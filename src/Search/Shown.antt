-- ===== src/Search/Shown.antt =====
-- The pattern that is shown is the one that was compiled last without an error.
use aku.Base.{◌≡◌, refl, sym, String, none, some, str_eq, str_append, eq_iff, Bool-cases, inl, inr}
use aku.Search.{
  SearchState, SearchMode, Compiled, expression, refused, clear, active, display_pattern, compiled,
  compile,
}

module _ {Re Err : Type 0} (regexp : String → Compiled Re Err) where
  -- Where `Compile` gives no error, `DisplayPattern` is then the pattern, the empty one too.
  pub display_pattern-compile :
      (pattern : String) (mode : SearchMode) (s : SearchState Re)
      → (compile regexp pattern mode s).1 ≡ none
      → display_pattern (compile regexp pattern mode s).0 ≡ pattern
  unfolding compile display_pattern active clear
  display_pattern-compile pattern mode s = elim (Bool-cases (str_eq pattern "")) [
    | inl empty ↦ rw empty (λ _. sym ((eq_iff pattern "").0 empty))
    | inr given ↦ rw given (go (regexp (str_append "(?i)" pattern)))
  ]
    where
      go :
          (answer : Compiled Re Err)
          → (compiled regexp pattern mode s answer).1 ≡ none
          → display_pattern (compiled regexp pattern mode s answer).0 ≡ pattern
      go (refused e) h = cc
      go (expression re) h = refl

  -- Where `Compile` gives an error, nothing changes.
  pub compile-kept :
      (pattern : String) (mode : SearchMode) (s : SearchState Re) (e : Err)
      → (compile regexp pattern mode s).1 ≡ some e
      → (compile regexp pattern mode s).0 ≡ s
  unfolding compile
  compile-kept pattern mode s e = elim (Bool-cases (str_eq pattern "")) [
    | inl empty ↦ rw empty (λ h. cc)
    | inr given ↦ rw given (go (regexp (str_append "(?i)" pattern)))
  ]
    where
      go :
          (answer : Compiled Re Err)
          → (compiled regexp pattern mode s answer).1 ≡ some e
          → (compiled regexp pattern mode s answer).0 ≡ s
      go (refused d) h = refl
      go (expression re) h = cc
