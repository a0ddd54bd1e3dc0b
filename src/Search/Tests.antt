-- ===== src/Search/Tests.antt =====
-- The theorems on searches at one of three matches.
use aku.Base.{if◌then◌else◌, str_eq, String, some}
use aku.Search.{SearchState, search, Compiled, expression, refused}

abbrev last_of_three : SearchState String
last_of_three = record {
  pattern = "error";
  mode = search;
  re = some "(?i)error";
  match_count = 3;
  current_idx = 2;
}

-- An engine that refuses an open bracket.
abbrev regexp : String → Compiled String String
regexp text = if str_eq text "(?i)[" then refused "missing closing ]" else expression text
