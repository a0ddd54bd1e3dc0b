-- ===== src/WordMotion/Boundary.antt =====
-- Where the two motions stop.
use native.Mathlib.Decide.{dec_lt}
use aku.Base.{
  ℕ, zero, suc, ◌+◌, ◌-◌, ◌≤◌, ◌<◌, ◌≡◌, refl, ap, ◌∙◌, Bool, true, false, ◌&&◌, List, arith, ltb,
  leb, min, length, pos, ◌⊎◌, inl, inr, if-cases, ◌==◌, if◌then◌else◌, some, get_elem?,
  get_elem?-of_lt,
}
use aku.WordMotion.{
  CharClass, class_letter, class_digit, class_other, same_class, Unicode, same_at, next_loop,
  next_word_boundary, prev_loop, step_back, prev_word_boundary,
}

-- Two positions that stop a motion over each other's runes are one.
meets :
    (a r : ℕ) {x y : Bool}
    → (a ≡ 0) ⊎ (x ≡ false)
    → (r ≡ 0) ⊎ (y ≡ false)
    → (r < a → x ≡ true)
    → (a < r → y ≡ true)
    → r ≡ a
meets a r b c f g = elim (dec_lt r a) [
  | yes below ↦ absurd (ground (arith, f below))
  | no not_below ↦ elim (dec_lt a r) [
    | yes above ↦ absurd (ground (arith, g above))
    | no same ↦ omega arith
  ]
]

-- The classes of two runes that are a letter or not, and a digit or not.
abbrev class_by : Bool → Bool → CharClass
class_by letter digit = if letter then class_letter else if digit then class_digit else class_other

classes :
    (l d m e : Bool)
    → (same_class (class_by l d) (class_by m e) ≡ true → (l ≡ m) × ((l ≡ true) ⊎ (d ≡ e)))
      × (same_class (class_by l d) (class_by m e) ≡ false → ¬ ((l ≡ m) × ((l ≡ true) ⊎ (d ≡ e))))
classes true d true e = (λ h. (refl, inl refl), λ h. absurd (ground (arith, h)))
classes true d false true =
    (λ h. absurd (ground (arith, h)), λ h (p, q). absurd (ground (arith, p)))
classes true d false false =
    (λ h. absurd (ground (arith, h)), λ h (p, q). absurd (ground (arith, p)))
classes false true true e =
    (λ h. absurd (ground (arith, h)), λ h (p, q). absurd (ground (arith, p)))
classes false false true e =
    (λ h. absurd (ground (arith, h)), λ h (p, q). absurd (ground (arith, p)))
classes false true false true = (λ h. (refl, inr refl), λ h. absurd (ground (arith, h)))
classes false false false false = (λ h. (refl, inr refl), λ h. absurd (ground (arith, h)))
classes false true false false = (
  λ h. absurd (ground (arith, h)),
  λ h (p, q). elim q [ inl x ↦ absurd (ground (arith, x)) | inr x ↦ absurd (ground (arith, x)) ],
)
classes false false false true = (
  λ h. absurd (ground (arith, h)),
  λ h (p, q). elim q [ inl x ↦ absurd (ground (arith, x)) | inr x ↦ absurd (ground (arith, x)) ],
)

module _ {R : Type 0} (u : Unicode R) (runes : List R) where
  -- The position is the first at or behind `from` that is the end or a boundary.
  abbrev pub Stop : ℕ → ℕ → Type 0
  Stop from r =
      (from ≤ r)
      × (r ≤ length runes)
      × ((i : ℕ) → from ≤ i → i < r → same_at u runes i ≡ true)
      × ((r ≡ length runes) ⊎ (same_at u runes r ≡ false))

  next_loop-Stop :
      (fuel from : ℕ)
      → from ≤ length runes
      → length runes ≤ from + fuel
      → Stop from (next_loop u fuel runes from)
  unfolding next_loop
  next_loop-Stop zero from h k =
      (omega arith, h, λ i lo hi. absurd (omega arith), inl (omega arith))
  next_loop-Stop (suc fuel) from h k =
      if-cases (Stop from) (ltb from (length runes) && same_at u runes from) _ from
        (λ on.
          let rest = next_loop-Stop fuel (from + 1) (ground arith) (omega arith) in
          (
            omega (arith, rest.0),
            rest.1,
            λ i lo hi. elim (dec_lt from i) [
              | yes later ↦ rest.2 i (omega arith) hi
              | no first ↦ let e : i ≡ from = omega arith in ap (same_at u runes) e ∙ ground arith
            ],
            rest.3,
          ))
        (λ off. (
          omega arith,
          h,
          λ i lo hi. absurd (omega arith),
          elim (dec_lt from (length runes)) [
            | yes inside ↦ inr (ground arith)
            | no end ↦ inl (omega arith)
          ],
        ))

  -- The motion stops at the first position for the code's test.
  pub next_word_boundary-Stop :
      (at : ℕ) → at < length runes → Stop (at + 1) (next_word_boundary u runes at)
  unfolding next_word_boundary
  next_word_boundary-Stop at h =
      let e : leb (length runes) at ≡ false = ground arith in
      rw e (next_loop-Stop (length runes - at) (at + 1) (omega arith) (omega arith))

  -- Both are letters, both digits, or neither is either.
  abbrev pub Alike : R → R → Type 0
  Alike a b =
      (u.is_letter a ≡ u.is_letter b) × ((u.is_letter a ≡ true) ⊎ (u.is_digit a ≡ u.is_digit b))

  -- The runes on both sides of a position.
  abbrev pub Sides : ℕ → R → R → Type 0
  Sides i a b = (get_elem? runes (i - 1) ≡ some a) × (get_elem? runes i ≡ some b)

  abbrev pub Joined : ℕ → Type 0
  Joined i = (a : R) × (b : R) × Sides i a b × Alike a b

  abbrev pub Parted : ℕ → Type 0
  Parted i = (a : R) × (b : R) × Sides i a b × ¬ (Alike a b)

  same_at_lem :
      (i : ℕ)
      → i < length runes
      → (same_at u runes i ≡ true → Joined i) × (same_at u runes i ≡ false → Parted i)
  unfolding same_at
  same_at_lem i h =
      let (a, e) = get_elem?-of_lt runes (i - 1) (omega arith) in
      let (b, f) = get_elem?-of_lt runes i h in
      let (alike, apart) = classes (u.is_letter a) (u.is_digit a) (u.is_letter b) (u.is_digit b) in
      (λ s. (a, b, (e, f), alike (rw (e, f) at s)), λ s. (a, b, (e, f), apart (rw (e, f) at s)))

  -- From a cursor before the end, the motion to the right stops behind it: at the end, or between two
  -- runes of different classes, and it passes only between runes of one class.
  pub next_word_boundary_lem :
      (at : ℕ)
      → at < length runes
      → let r = next_word_boundary u runes at in
        (at < r)
        × (r ≤ length runes)
        × ((i : ℕ) → at < i → i < r → Joined i)
        × ((r ≡ length runes) ⊎ Parted r)
  next_word_boundary_lem at h =
      let (lo, hi, passed, stop) = next_word_boundary-Stop at h in
      (
        omega (arith, lo),
        hi,
        λ i from to. (same_at_lem i (omega (arith, to, hi))).0 (passed i (omega (arith, from)) to),
        elim (dec_lt (next_word_boundary u runes at) (length runes)) [
          | no end ↦ inl (omega (arith, end, hi))
          | yes inside ↦ elim stop [
            | inl e ↦ inl e
            | inr apart ↦ inr ((same_at_lem (next_word_boundary u runes at) inside).1 apart)
          ]
        ],
      )

  -- The position is the last at or before `from` that is the start or a boundary.
  abbrev pub StopBack : ℕ → ℕ → Type 0
  StopBack from r =
      (r ≤ from)
      × ((i : ℕ) → r < i → i ≤ from → same_at u runes i ≡ true)
      × ((r ≡ 0) ⊎ (same_at u runes r ≡ false))

  prev_loop-StopBack : (from : ℕ) → StopBack from (prev_loop u runes from)
  unfolding prev_loop
  prev_loop-StopBack zero = (omega arith, λ i lo hi. absurd (omega arith), inl refl)
  prev_loop-StopBack (suc p) =
      if-cases (StopBack (suc p)) (same_at u runes (suc p)) _ (suc p)
        (λ on.
          let rest = prev_loop-StopBack p in
          (
            omega (arith, rest.0),
            λ i lo hi. elim (dec_lt p i) [
              | yes last ↦ let e : i ≡ suc p = omega arith in ap (same_at u runes) e ∙ on
              | no before ↦ rest.1 i lo (omega arith)
            ],
            rest.2,
          ))
        (λ off. (omega arith, λ i lo hi. absurd (omega arith), inr off))

  -- From a cursor behind the start of a value that is not empty, the motion to the left stops before
  -- it, at the last boundary or the start.
  pub prev_word_boundary-StopBack :
      (at : ℕ)
      → 0 < at
      → 0 < length runes
      → (r : ℕ) × (prev_word_boundary u runes at ≡ pos r) × StopBack (min at (length runes) - 1) r
  unfolding prev_word_boundary
  prev_word_boundary-StopBack at h k =
      let e : at == 0 ≡ false = ground arith in
      let f : min at (length runes) ≡ suc (min at (length runes) - 1) = omega arith in
      let p = min at (length runes) - 1 in
      (prev_loop u runes p, rw e (ap (step_back u runes) f), prev_loop-StopBack p)

  -- From a boundary or the start, before the end, the motion to the left undoes that to the right.
  pub prev-next :
      (at : ℕ)
      → at < length runes
      → (at ≡ 0) ⊎ (same_at u runes at ≡ false)
      → prev_word_boundary u runes (next_word_boundary u runes at) ≡ pos at
  prev-next at h b =
      let s = next_word_boundary-Stop at h in
      let p =
        prev_word_boundary-StopBack (next_word_boundary u runes at) (omega (arith, s.0))
          (omega arith) in
      p.1
      ∙ ap pos (
          meets at p.0 b p.2.2 (λ lo. p.2.1 at lo (omega (arith, s.0, s.1)))
            (λ lo. s.2 p.0 (omega arith) (omega (arith, p.2.0, s.0))))
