-- ===== src/WordMotion/Tests.antt =====
-- The theorems on an image reference.
use aku.Base.{ℕ, ◌≡◌, refl, List, [], ◌∷◌, arith, ltb, leb, ◌&&◌, pos, ◌<◌, ◌≤◌, ◌⊎◌}
use aku.WordMotion.{Unicode, next_word_boundary, prev_word_boundary, same_at}
use aku.WordMotion.Boundary.{Joined, Parted, next_word_boundary_lem}

-- Letters are 10 and more, digits less than 10, 99 is punctuation.
abbrev small : Unicode ℕ
small = record { is_letter = λ r. leb 10 r && ltb r 99; is_digit = λ r. ltb r 10 }

-- Like `nginx:1.25`.
abbrev image : List ℕ
image = 23 ∷ 16 ∷ 18 ∷ 23 ∷ 33 ∷ 99 ∷ 1 ∷ 99 ∷ 2 ∷ 5 ∷ []

motion_test :
    (next_word_boundary small image 0 ≡ 5)
    × (next_word_boundary small image 8 ≡ 10)
    × (prev_word_boundary small image 10 ≡ pos 8)
unfolding next_word_boundary aku.WordMotion.next_loop same_at prev_word_boundary
motion_test = (refl, refl, refl)

next_word_boundary_lem_example :
    let r = next_word_boundary small image 0 in
    (0 < r)
    × (r ≤ 10)
    × ((i : ℕ) → 0 < i → i < r → Joined small image i)
    × ((r ≡ 10) ⊎ Parted small image r)
next_word_boundary_lem_example = next_word_boundary_lem small image 0 (omega arith)
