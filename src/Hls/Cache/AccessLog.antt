-- ===== src/Hls/Cache/AccessLog.antt =====
-- hls.rs, `access_log_due`: one row per user and camera in an interval.
use sentinel_command.Prelude.{
  ℕ, ◌-◌, ◌≤◌, ◌<◌, ◌≡◌, ap, ◌∙◌, true, false, not, List, [], ◌∷◌, some, arith, if◌then◌else◌, All,
  Bool-cases, inl, inr,
}
use sentinel_command.Interfaces.{◌==◌, ==-refl, pair_eq, pair_beq_iff}
use sentinel_command.Text.{Text, text_eq}
use sentinel_command.Assoc
use sentinel_command.Assoc.Laws as AssocLaws
use sentinel_command.Hls.Cache.{HlsCache, access_log_due, access_log_interval, logged_recently}

-- A request for a stream: the user, the camera and the time.
pub record Poll : Type 0 where
  pub user_id : Text
  pub camera_id : Text
  pub at : ℕ

pub poll : HlsCache → Poll → HlsCache
poll c p = (access_log_due c p.user_id p.camera_id p.at).0

pub polls : HlsCache → List Poll → HlsCache
polls c [] = c
polls c (p ∷ ps) = polls (poll c p) ps

abbrev During : ℕ → Poll → Type 0
During start p = (start ≤ p.at) × (p.at - start < access_log_interval)

get-access_log_due :
    (c : HlsCache) (user_id camera_id : Text) (now : ℕ) (key : Text × Text)
    → Assoc.get key (access_log_due c user_id camera_id now).0.access_logged ≡ (
        if logged_recently (Assoc.get (user_id, camera_id) c.access_logged) now
        then Assoc.get key c.access_logged
        else if (user_id, camera_id) == key
        then some now
        else Assoc.get key c.access_logged)
unfolding access_log_due
get-access_log_due c user_id camera_id now key =
    elim (Bool-cases (logged_recently (Assoc.get (user_id, camera_id) c.access_logged) now)) [
      | inl recent ↦ rw (recent, access_log_due)
      | inr due ↦
          rw (due, access_log_due)
            (AssocLaws.get-insert (user_id, camera_id) key now c.access_logged)
    ]

due-access_log_due :
    (c : HlsCache) (user_id camera_id : Text) (now : ℕ)
    → (access_log_due c user_id camera_id now).1
      ≡ not (logged_recently (Assoc.get (user_id, camera_id) c.access_logged) now)
unfolding access_log_due
due-access_log_due c user_id camera_id now = ground arith

-- A poll within the interval leaves the stamp where it is.
poll-stamp :
    (c : HlsCache) (p : Poll) (user_id camera_id : Text) (start : ℕ)
    → Assoc.get (user_id, camera_id) c.access_logged ≡ some start
    → During start p
    → Assoc.get (user_id, camera_id) (poll c p).access_logged ≡ some start
unfolding poll
poll-stamp c p user_id camera_id start h w =
    let polled : Text × Text = (p.user_id, p.camera_id) in
    let key : Text × Text = (user_id, camera_id) in
    let stamp = get-access_log_due c p.user_id p.camera_id p.at key in
    elim (Bool-cases (polled == key)) [
      | inl same ↦
          stamp
          ∙ ground (
            arith,
            pair_beq_iff polled key,
            ap (λ (k : Text × Text). Assoc.get k c.access_logged),
          )
      | inr other ↦ stamp ∙ ground arith
    ]

polls-stamp :
    (c : HlsCache) (ps : List Poll) (user_id camera_id : Text) (start : ℕ)
    → Assoc.get (user_id, camera_id) c.access_logged ≡ some start
    → All (During start) ps
    → Assoc.get (user_id, camera_id) (polls c ps).access_logged ≡ some start
unfolding polls
polls-stamp c [] user_id camera_id start h w = h
polls-stamp c (p ∷ ps) user_id camera_id start h w =
    polls-stamp (poll c p) ps user_id camera_id start (poll-stamp c p user_id camera_id start h w.0)
      w.1

due-stamp :
    (c : HlsCache) (user_id camera_id : Text) (start : ℕ)
    → (access_log_due c user_id camera_id start).1 ≡ true
    → Assoc.get (user_id, camera_id) (access_log_due c user_id camera_id start).0.access_logged
      ≡ some start
due-stamp c user_id camera_id start h =
    let key : Text × Text = (user_id, camera_id) in
    get-access_log_due c user_id camera_id start key
    ∙ ground (arith, due-access_log_due c user_id camera_id start, ==-refl key)

-- Once a row is due for a user and a camera, no later poll of the next five minutes is, whatever
-- polls of that time, by anyone, stand between.
pub access_log_due_once :
    (c : HlsCache) (user_id camera_id : Text) (start later : ℕ) (ps : List Poll)
    → (access_log_due c user_id camera_id start).1 ≡ true
    → All (During start) ps
    → later - start < access_log_interval
    → (access_log_due
        (polls (access_log_due c user_id camera_id start).0 ps)
        user_id
        camera_id
        later).1
      ≡ false
access_log_due_once c user_id camera_id start later ps due w l =
    let key : Text × Text = (user_id, camera_id) in
    let after = polls (access_log_due c user_id camera_id start).0 ps in
    let stamp =
      polls-stamp (access_log_due c user_id camera_id start).0 ps user_id camera_id start
        (due-stamp c user_id camera_id start due) w in
    due-access_log_due after user_id camera_id later ∙ rw stamp (ground arith)
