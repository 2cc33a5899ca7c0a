-- ===== src/OrdMap/Laws.antt =====
-- The laws of the sorted lists that stand for B-tree maps.
use sentinel_command.Prelude.{
  ℕ, ◌+◌, ◌≤◌, length, ◌≡◌, refl, List, [], ◌∷◌, none, some, Ordering, arith, drop, zero, suc,
}
use sentinel_command.Interfaces.{Order}
use sentinel_command.Assoc.{measured, total}
use sentinel_command.OrdMap.{get, insert, remove, Above, Sorted}

pub cmp_refl {ℓ} : {K : Type ℓ} (o : Order K) (k : K) → o.cmp k k ≡ Ordering.eq
cmp_refl o k = (o.cmp_eq k k).1 refl

module _ {ℓ κ} {K : Type ℓ} {V : Type κ} (o : Order K) where
  pub Above-trans :
      (j k : K) (m : List (K × V)) → o.cmp j k ≡ Ordering.lt → Above o k m → Above o j m
  Above-trans j k [] h a = tt
  Above-trans j k ((i, w) ∷ m) h a = (o.cmp_trans j k i h a.0, Above-trans j k m h a.1)

  pub get-Above : (k : K) (m : List (K × V)) → Above o k m → get o k m ≡ none
  unfolding get
  get-Above k [] a = refl
  get-Above k ((i, w) ∷ m) a = ground (arith, o.cmp_flip k i)

  pub insert-Above :
      (j k : K) (v : V) (m : List (K × V))
      → o.cmp j k ≡ Ordering.lt
      → Above o j m
      → Above o j (insert o k v m)
  unfolding insert
  insert-Above j k v [] h a = (h, tt)
  insert-Above j k v ((i, w) ∷ m) h a = ground (arith, insert-Above j k v m h a.1)

  pub insert-Sorted : (k : K) (v : V) (m : List (K × V)) → Sorted o m → Sorted o (insert o k v m)
  unfolding insert
  insert-Sorted k v [] s = (tt, tt)
  insert-Sorted k v ((i, w) ∷ m) s =
      ground
        (arith, insert-Sorted k v m s.1, insert-Above i k v m, o.cmp_flip i k, Above-trans k i m)

  pub remove-Above : (j k : K) (m : List (K × V)) → Above o j m → Above o j (remove o k m)
  unfolding remove
  remove-Above j k [] a = tt
  remove-Above j k ((i, w) ∷ m) a = ground (arith, remove-Above j k m a.1)

  pub remove-Sorted : (k : K) (m : List (K × V)) → Sorted o m → Sorted o (remove o k m)
  unfolding remove
  remove-Sorted k [] s = tt
  remove-Sorted k ((i, w) ∷ m) s = ground (arith, remove-Sorted k m s.1, remove-Above i k m s.0)

  pub get-insert_self : (k : K) (v : V) (m : List (K × V)) → get o k (insert o k v m) ≡ some v
  unfolding get insert
  get-insert_self k v [] = ground (arith, cmp_refl o k)
  get-insert_self k v ((i, w) ∷ m) = ground (arith, cmp_refl o k, get-insert_self k v m)

  pub get-insert_ne :
      (k j : K) (v : V) (m : List (K × V))
      → Sorted o m
      → ¬ (k ≡ j)
      → get o j (insert o k v m) ≡ get o j m
  unfolding get insert
  get-insert_ne k j v [] s h = ground (arith, o.cmp_eq k j)
  get-insert_ne k j v ((i, w) ∷ m) s h = ground (
    arith,
    o.cmp_eq k j,
    o.cmp_eq i k,
    o.cmp_eq i j,
    o.cmp_flip i k,
    o.cmp_flip k j,
    o.cmp_trans j k i,
    o.cmp_trans k i j,
    o.cmp_flip i j,
    o.cmp_flip j k,
    get-insert_ne k j v m s.1 h,
  )

  pub get-remove_self : (k : K) (m : List (K × V)) → Sorted o m → get o k (remove o k m) ≡ none
  unfolding get remove
  get-remove_self k [] s = refl
  get-remove_self k ((i, w) ∷ m) s =
      ground (arith, get-remove_self k m s.1, o.cmp_eq i k, get-Above i m s.0, get-Above k m)

  pub get-remove_ne :
      (k j : K) (m : List (K × V)) → Sorted o m → ¬ (k ≡ j) → get o j (remove o k m) ≡ get o j m
  unfolding get remove
  get-remove_ne k j [] s h = refl
  get-remove_ne k j ((i, w) ∷ m) s h = ground (
    arith,
    o.cmp_eq i k,
    o.cmp_eq i j,
    o.cmp_flip i j,
    get-remove_ne k j m s.1 h,
    Above-trans j i m,
    get-Above j m,
  )

  pub total-insert :
      (f : V → ℕ) (k : K) (v : V) (m : List (K × V))
      → total f (insert o k v m) + measured f (get o k m) ≡ total f m + f v
  unfolding get insert total
  total-insert f k v [] = omega arith
  total-insert f k v ((i, w) ∷ m) = ground (arith, total-insert f k v m)

  pub total-remove :
      (f : V → ℕ) (k : K) (m : List (K × V))
      → total f (remove o k m) + measured f (get o k m) ≡ total f m
  unfolding get remove total
  total-remove f k [] = omega arith
  total-remove f k ((i, w) ∷ m) = ground (arith, total-remove f k m)

  pub drop-Sorted : (n : ℕ) (m : List (K × V)) → Sorted o m → Sorted o (drop n m)
  drop-Sorted zero m s = s
  drop-Sorted (suc n) [] s = tt
  drop-Sorted (suc n) (x ∷ m) s = drop-Sorted n m s.1

  -- A key that is found lies above every bound of the keys.
  pub cmp_of_get :
      (k j : K) (v : V) (m : List (K × V))
      → Above o k m
      → get o j m ≡ some v
      → o.cmp k j ≡ Ordering.lt
  unfolding get
  cmp_of_get k j v [] a h = absurd (cc)
  cmp_of_get k j v ((i, w) ∷ m) a h = ground (arith, cmp_of_get k j v m a.1, o.cmp_eq i j)

  pub get-behind :
      (k j : K) (v : V) (m : List (K × V))
      → o.cmp k j ≡ Ordering.lt
      → get o j ((k, v) ∷ m) ≡ get o j m
  unfolding get
  get-behind k j v m h = rw (h, get)

  pub length-remove-le : (k : K) (m : List (K × V)) → length (remove o k m) ≤ length m
  unfolding remove
  length-remove-le k [] = omega arith
  length-remove-le k ((i, w) ∷ m) = ground (arith, length-remove-le k m)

━━━━━━━━━━━━━━━━━━━━━━━━━━━━━━

== Exercise details ==
Search the data above for the string "AssocLaws". Report every line where it is found.

== Reply to the exercise ==
use sentinel_command.Assoc.Laws as AssocLaws
            (AssocLaws.get-insert (user_id, camera_id) key now c.access_logged)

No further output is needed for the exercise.